Neden insanlar bir an evvel büyümeyi ve kendi yaşamını kurmayı düşlerler? Elbette doğanın kanunu olsa gerek ama aynı zamanda evinden ailesinden memnun kalmayan çocuklar mı daha çok çekirdek ailesinden uzaklaşmak isterler? 

Bu şıkların her ikisi de geçerli, mutsuz çocuklar erken hayata başlarlar ama aradıkları hayatı, kendi kurduklarında da bulamazlar ne yazık ki..Doğanın kanunu ila hayata başlayanlar da kaderine boyun eğmek zorunda kalırlar. Hayat o arzulanan düşlerde ki gibi sadece hoş vakit geçirmek değildir ve bunu çok geç anlıyoruz. 

Nice gençler evlenip, kocaların koluna takılıp, başını göğsüne yaslayıp, kalplerin güm güm atacağı, güzel elbiseler giyip, bir eli yağda bir eli balda misali dertsiz tasasız bir hayat düşünürken, koca bir sille yemekle kalmayıp, küçük yaşta ağır sorumluluklar taşımaya başlamaktalar.

Benim anlamak istediğim aslında neden büyüklerimizin bu çocukları gerçek hayatla tanıştırmaması!!. Bu büyükler de bir zamanlar gençtiler ve aynı rüyalarla büyümüşlerdir hani.

Aynı duygularla kendi yaşamlarını da çizmişlerse, neden kendi çocuklarına hayatın aslında o kadar toz pembe olmadığını anlatamadıklarıdır..Anneler ve babalar ve koca sülalelerin, aslında gençleri gerçek yaşam hakkında bilgi sahibi etmeleri çok önemlidir değil mi?

Sanırım çocuklarımıza hayatın gerçek anlamını öğretmek çok zor.. Nasıl anlatabiliriz, nasıl öğretebiliriz, nasıl tanıştırabiliriz, bunun asla kolay bir yanı yok.. Ben iş hayatımda ve tecrübelerimde ve bir o kadar bilgi sahibi olmama rağmen, ben bile başarısız kaldım.

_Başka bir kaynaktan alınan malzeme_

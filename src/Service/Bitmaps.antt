-- ===== src/Service/Bitmaps.antt =====
-- redis.cc: the requests on bitmaps, as requests of Service/Strings. `stol` and `stoi` are the C++
-- library's.
use pedis.Base.{Bool, false, List, ◌∷◌, ◌==◌}
use pedis.Base.Int.{ℤ, pos, negsuc}
use pedis.Base.Bytes.{Bytes}
use pedis.Database.Strings.{to_word}
use pedis.Database.Bitmaps
use pedis.Service.{
  Host, Number, with_number, Shards, Served, serve_on, try_on, refuse, redis_key, cpu_of,
}

-- `value == 1`
abbrev pub is_one : ℤ → Bool
is_one (pos n) = n == 1
is_one (negsuc n) = false

module _ {F S : Type 0} (H : Host) (stol : Bytes → Number ℤ) where
  -- SETBIT
  unfoldable pub setbit : (Bytes → Number ℤ) → List Bytes → Shards F S → Served F S
  setbit stoi (key ∷ offset ∷ value ∷ _) m =
      with_number (stol offset)
        (λ i.
          with_number (stoi value)
            (λ v. try_on (cpu_of H key) (Bitmaps.setbit (redis_key H key) (to_word i) (is_one v)) m)
            m)
        m
  setbit stoi _ m = refuse m

  -- GETBIT
  unfoldable pub getbit : List Bytes → Shards F S → Served F S
  getbit (key ∷ offset ∷ _) m =
      with_number (stol offset)
        (λ i. serve_on (cpu_of H key) (Bitmaps.getbit (redis_key H key) (to_word i)) m) m
  getbit _ m = refuse m

  -- BITCOUNT
  unfoldable pub bitcount : List Bytes → Shards F S → Served F S
  bitcount (key ∷ start ∷ end ∷ _) m =
      with_number (stol start)
        (λ s.
          with_number (stol end)
            (λ e. try_on (cpu_of H key) (Bitmaps.bitcount (redis_key H key) s e) m) m)
        m
  bitcount _ m = refuse m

Bu gerçeği ne öğretebiliriz ne anlatabiliriz.. Çocuklara baskı yaparsan, senin dediğinin tam tersini yaparlar ve anne ve babanın artık sözlerinin geçerli olmadığı dönemlerdeyiz. Şimdilerde arkadaşlar ve gruplar ve ortam karar veriyor kimin ne yapacağına. Elbette toplumlarda bulunan uyuşturucunun büyük yakınlığı ve hayat felsefesinin karmakarışık yönleri, toplumda karşımıza çıkan içi boş, görün₺üsü hoş figürlerin fazlalığı ve fotoromanlardan daha fena yanlış çizgilerde yer alan sahte ilişkiler, ellerimizin boşluğunu hatırlatıyor.

İnsanın kendisi bunun bilincinde olmalı ve hem ekonomik ve hem de yaşam tarzını daha iyi şartlara getirme isteği ve ne yapacağını planlamak, en iyi bir başlangıçtır. Elbette ailelerin sosyo ekonomik durumları çok önemli. Genelde tahsilli ailelerin yapısında çocuklarının da yüksek tahsil edinmeleri daha çok olasıdır, istisnalar haricinde tabi ki.. Tahsil edinme, evlenmeyi geciktirecek ve düşlerde yaşamanın da olasılığını hafifletecektir, böylece hayatın sorumluluğunu da belirleyecektir.

Daha hala üniversite eğitimini anne ve babanın karşıladığı bir kültürümüz var ve bunun yanında hala aileyi her konuda en yakın geçinme kaynağı görme ve aileden ekonomik beklentilerin hiç bitmeyeceği bir sistem kurbanı olarak görüyorum. Ver ver ver habira ver, nereye kadar, ta nereye kadar!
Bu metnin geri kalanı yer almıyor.